(Collected data entries)
★ ★ ★ ★ ★ ★ ★

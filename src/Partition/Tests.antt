-- ===== src/Partition/Tests.antt =====
-- Two sets with an edge between them: the theorems about SCCDAGPartition.cpp at work.
use noelle_public.Dg.Store.{find, put}
use noelle_public.Dg.Build.{empty, fetch_or_add_node, add_undefined_dependence_edge}
use noelle_public.Dg.Node.{get_src, get_dst}
use noelle_public.Partition.Partitioner.{get_descendants, get_ancestors}
use noelle_public.Dg.Chain.{Chain}
use noelle_public.Partition.Family.{family_lem}
use noelle_public.Dg.Sample.{row, row-IsValid, row-IsRegistered, row_value}
use noelle_public.Prelude.{ℕ, ◌≡◌, refl, ◌↔◌, true, some, List, [], ◌∷◌, has, insert}

row_runs : (get_descendants row 10 ≡ some (row, 20 ∷ [])) × (get_ancestors row 10 ≡ some (row, []))
unfolding get_descendants get_ancestors add_undefined_dependence_edge fetch_or_add_node empty find
    put has insert
row_runs = (refl, refl)

family_lem_example :
    ((l : List ℕ) × (get_descendants row 10 ≡ some (row, l))
      × ((t : ℕ) → (has t l ≡ true) ↔ Chain row (get_src row) (get_dst row) 10 t))
    × ((l : List ℕ) × (get_ancestors row 10 ≡ some (row, l))
        × ((t : ℕ) → (has t l ≡ true) ↔ Chain row (get_dst row) (get_src row) 10 t))
family_lem_example = family_lem row row-IsValid row-IsRegistered 10 row_value
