-- ===== src/Pdg.antt =====
-- src/core/pdg: the dependence graph over the values of a program. `Build` has the constructors of
-- PDG.cpp, `Subgraph` the copies of parts of a graph, `Query` the questions about dependences.
pub mod Build
pub mod Subgraph
pub mod Query
pub mod Chosen
pub mod Copies
pub mod Copying
pub mod Values
pub mod Extraction
pub mod Clone
mod Tests
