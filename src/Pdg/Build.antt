-- ===== src/Pdg/Build.antt =====
-- PDG.cpp: the constructors. What LLVM tells of the program is data: a function has arguments and the
-- instructions of its blocks, and is a declaration if it has no block; a loop has the instructions
-- of its blocks. `none` is a failed assertion or the first element of something empty.
use noelle_public.Dg.Store.{Dg, find}
use noelle_public.Dg.Build.{empty, add_node, set_entry_node}
use noelle_public.Prelude.{ℕ, true, Option, none, some, List, [], ◌∷◌, ◌>>=◌}

pub record Function : Type 0 where
  pub args : List ℕ
  pub blocks : List (List ℕ)

pub record Module : Type 0 where
  pub functions : List Function
  pub main : Option Function

unfoldable pub add_values : Dg → List ℕ → Dg
unfolding add_node
add_values g [] = g
add_values g (t ∷ ts) = add_values (add_node g t true).0 ts

unfoldable pub add_blocks : Dg → List (List ℕ) → Dg
unfolding add_values
add_blocks g [] = g
add_blocks g (b ∷ bs) = add_blocks (add_values g b) bs

unfoldable pub add_nodes_of : Dg → Function → Dg
unfolding add_values add_blocks
add_nodes_of g f = add_blocks (add_values g f.args) f.blocks

-- entryNode = internalNodeMap[t], and the assertion that it is not null.
unfoldable pub enter_at : Dg → ℕ → Option Dg
unfolding set_entry_node
enter_at g t = elim (find t g.internal) [
  | some (some p) ↦ some (set_entry_node g (some p))
  | _ ↦ none
]

-- The first instruction of the first block.
unfoldable pub first_instruction : List (List ℕ) → Option ℕ
first_instruction ((i ∷ is) ∷ bs) = some i
first_instruction ([] ∷ bs) = none
first_instruction [] = none

unfoldable pub set_entry_point_at : Dg → Function → Option Dg
unfolding first_instruction enter_at
set_entry_point_at g f = do i ← first_instruction f.blocks; enter_at g i

unfoldable pub pdg_of_function : Function → Option Dg
unfolding add_nodes_of set_entry_point_at
pdg_of_function f = set_entry_point_at (add_nodes_of empty f) f

-- A declaration has no body to add.
unfoldable pub add_functions : Dg → List Function → Dg
unfolding add_nodes_of
add_functions g [] = g
add_functions g (f ∷ fs) = add_functions (elim f.blocks [ [] ↦ g | b ∷ bs ↦ add_nodes_of g f ]) fs

unfoldable pub pdg_of_module : Module → Option Dg
unfolding add_functions set_entry_point_at
pdg_of_module m = do main ← m.main; set_entry_point_at (add_functions empty m.functions) main

unfoldable pub pdg_of_loop : List (List ℕ) → Option Dg
unfolding add_blocks first_instruction enter_at
pdg_of_loop blocks = do i ← first_instruction blocks; enter_at (add_blocks empty blocks) i

unfoldable pub pdg_of_values : List ℕ → Option Dg
pdg_of_values [] = none
pdg_of_values (v ∷ vs) = enter_at (add_values empty (v ∷ vs)) v
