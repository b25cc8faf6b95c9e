-- ===== src/Pdg/Chosen.antt =====
-- PDG.cpp: which edges of a graph its copies take, written down without the copies.
use noelle_public.Dg.Store.{Dg}
use noelle_public.Dg.Node.{get_src, get_dst}
use noelle_public.Prelude.{
  ℕ, Bool, false, not, ◌&&◌, ◌||◌, Option, none, some, List, [], ◌∷◌, ◌==◌, has, if◌then◌else◌,
}

-- Both ends are inside, or one of them where the rest of the program may be linked.
abbrev pub crosses : Bool → Bool → Bool → Bool
crosses link_to_external src dst = (src && dst) || (link_to_external && (src || dst))

unfoldable pub is_chosen : (ℕ → Bool) → Dg → Bool → List ℕ → ℕ → Bool
is_chosen inside old link_to_external ignore e = elim (get_src old e) [
  | none ↦ false
  | some s ↦ elim (get_dst old e) [
    | none ↦ false
    | some t ↦ not (has e ignore) && crosses link_to_external (inside s) (inside t)
  ]
]

unfoldable pub chosen : (ℕ → Bool) → Dg → Bool → List ℕ → List ℕ → List ℕ
chosen inside old link_to_external ignore [] = []
chosen inside old link_to_external ignore (e ∷ es) =
    let rest = chosen inside old link_to_external ignore es in
    if is_chosen inside old link_to_external ignore e then e ∷ rest else rest

abbrev pub is_at : Option ℕ → ℕ → Bool
is_at none t = false
is_at (some s) t = s == t

-- Whether a value is at an end of one of the edges.
unfoldable pub touches : Dg → ℕ → List ℕ → Bool
touches old t [] = false
touches old t (e ∷ es) = is_at (get_src old e) t || is_at (get_dst old e) t || touches old t es
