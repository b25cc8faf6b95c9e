-- ===== src/Pdg/Subgraph.antt =====
-- PDG.cpp: the copies of parts of a graph. `none` is a failed assertion or cast, or a dereference of
-- something deleted; `carried` answers isLoopCarriedDependence of the sub-edges.
use noelle_public.Dg.Store.{Dg}
use noelle_public.Dg.Node.{get_src, get_dst}
use noelle_public.Dg.Build.{is_internal, fetch_or_add_node, copy_add_edge}
use noelle_public.Pdg.Build.{Function, pdg_of_function, pdg_of_loop, pdg_of_values}
use noelle_public.Prelude.{
  ℕ, Bool, true, not, ◌&&◌, ◌||◌, Option, none, some, List, [], ◌∷◌, ◌++◌, has, if◌then◌else◌, map,
  ◌>>=◌,
}

-- The nodes for both values, the missing ones external, and the copy of the edge between them.
unfoldable pub attach_copy : (ℕ → Bool) → Dg → Dg → ℕ → ℕ → ℕ → Bool → Bool → Option Dg
unfolding fetch_or_add_node copy_add_edge
attach_copy carried old g e src dst from_inclusion to_inclusion = do
  let g₁ = (fetch_or_add_node g src from_inclusion).0
  let g₂ = (fetch_or_add_node g₁ dst to_inclusion).0
  x ← old.edges e
  (g₃, e') ← copy_add_edge carried g₂ x src dst
  some g₃

-- One edge of the old graph whose ends have the values `src` and `dst`.
unfoldable pub copy_edge_into : (ℕ → Bool) → Dg → Dg → Bool → ℕ → ℕ → ℕ → Option Dg
copy_edge_into carried old g link_to_external e src dst =
    let from_inclusion = is_internal g src in
    let to_inclusion = is_internal g dst in
    if not from_inclusion && not to_inclusion
    then some g
    else (if not link_to_external && (not from_inclusion || not to_inclusion)
        then some g
        else attach_copy carried old g e src dst from_inclusion to_inclusion)

-- The loop over the edges of the old graph.
unfoldable pub copy_edges_into : (ℕ → Bool) → Dg → Dg → Bool → List ℕ → List ℕ → Option Dg
copy_edges_into carried old g link_to_external ignore [] = some g
copy_edges_into carried old g link_to_external ignore (e ∷ es) =
    let skip = copy_edges_into carried old g link_to_external ignore es in
    let copy = (do
      src ← get_src old e
      dst ← get_dst old e
      g' ← copy_edge_into carried old g link_to_external e src dst
      copy_edges_into carried old g' link_to_external ignore es) in
    if has e ignore then skip else copy

-- A null pointer as a result is `some none`.
unfoldable pub create_subgraph_from_values :
    (ℕ → Bool) → Dg → List ℕ → Bool → List ℕ → Option (Option Dg)
create_subgraph_from_values carried old [] link_to_external ignore = some none
create_subgraph_from_values carried old (v ∷ vs) link_to_external ignore = do
  g ← pdg_of_values (v ∷ vs)
  g' ← copy_edges_into carried old g link_to_external ignore old.all_edges
  some (some g')

-- The assertion that no edge of the new graph is loop carried.
unfoldable pub none_carried : Dg → List ℕ → Option Bool
none_carried g [] = some true
none_carried g (e ∷ es) = do
  x ← g.edges e
  rest ← none_carried g es
  some (not x.loop_carried && rest)

unfoldable pub create_function_subgraph : (ℕ → Bool) → Dg → Function → Option (Option Dg)
unfolding pdg_of_function copy_edges_into none_carried
create_function_subgraph carried old f = elim f.blocks [
  | [] ↦ some none
  | b ∷ bs ↦ do
    g ← pdg_of_function f
    g' ← copy_edges_into carried old g true [] old.all_edges
    clean ← none_carried g' g'.all_edges
    if clean then some (some g') else none
]

unfoldable pub create_loops_subgraph : (ℕ → Bool) → Dg → List (List ℕ) → Option Dg
unfolding pdg_of_loop copy_edges_into
create_loops_subgraph carried old blocks = do
  g ← pdg_of_loop blocks
  copy_edges_into carried old g true [] old.all_edges

unfoldable pub clone : (ℕ → Bool) → Dg → Bool → Option (Option Dg)
clone carried old include_external =
    let internal = map (λ (x : ℕ × Option ℕ). x.0) old.internal in
    let external = map (λ (x : ℕ × Option ℕ). x.0) old.external in
    create_subgraph_from_values carried old
      (if include_external then internal ++ external else internal) include_external []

★ ★ ★ ★ ★ ★ ★

Out of the records above, pull each line containing the word "program".

-- src/core/pdg: the dependence graph over the values of a program. `Build` has the constructors of
-- PDG.cpp: the constructors. What LLVM tells of the program is data: a function has arguments and the
-- Both ends are inside, or one of them where the rest of the program may be linked.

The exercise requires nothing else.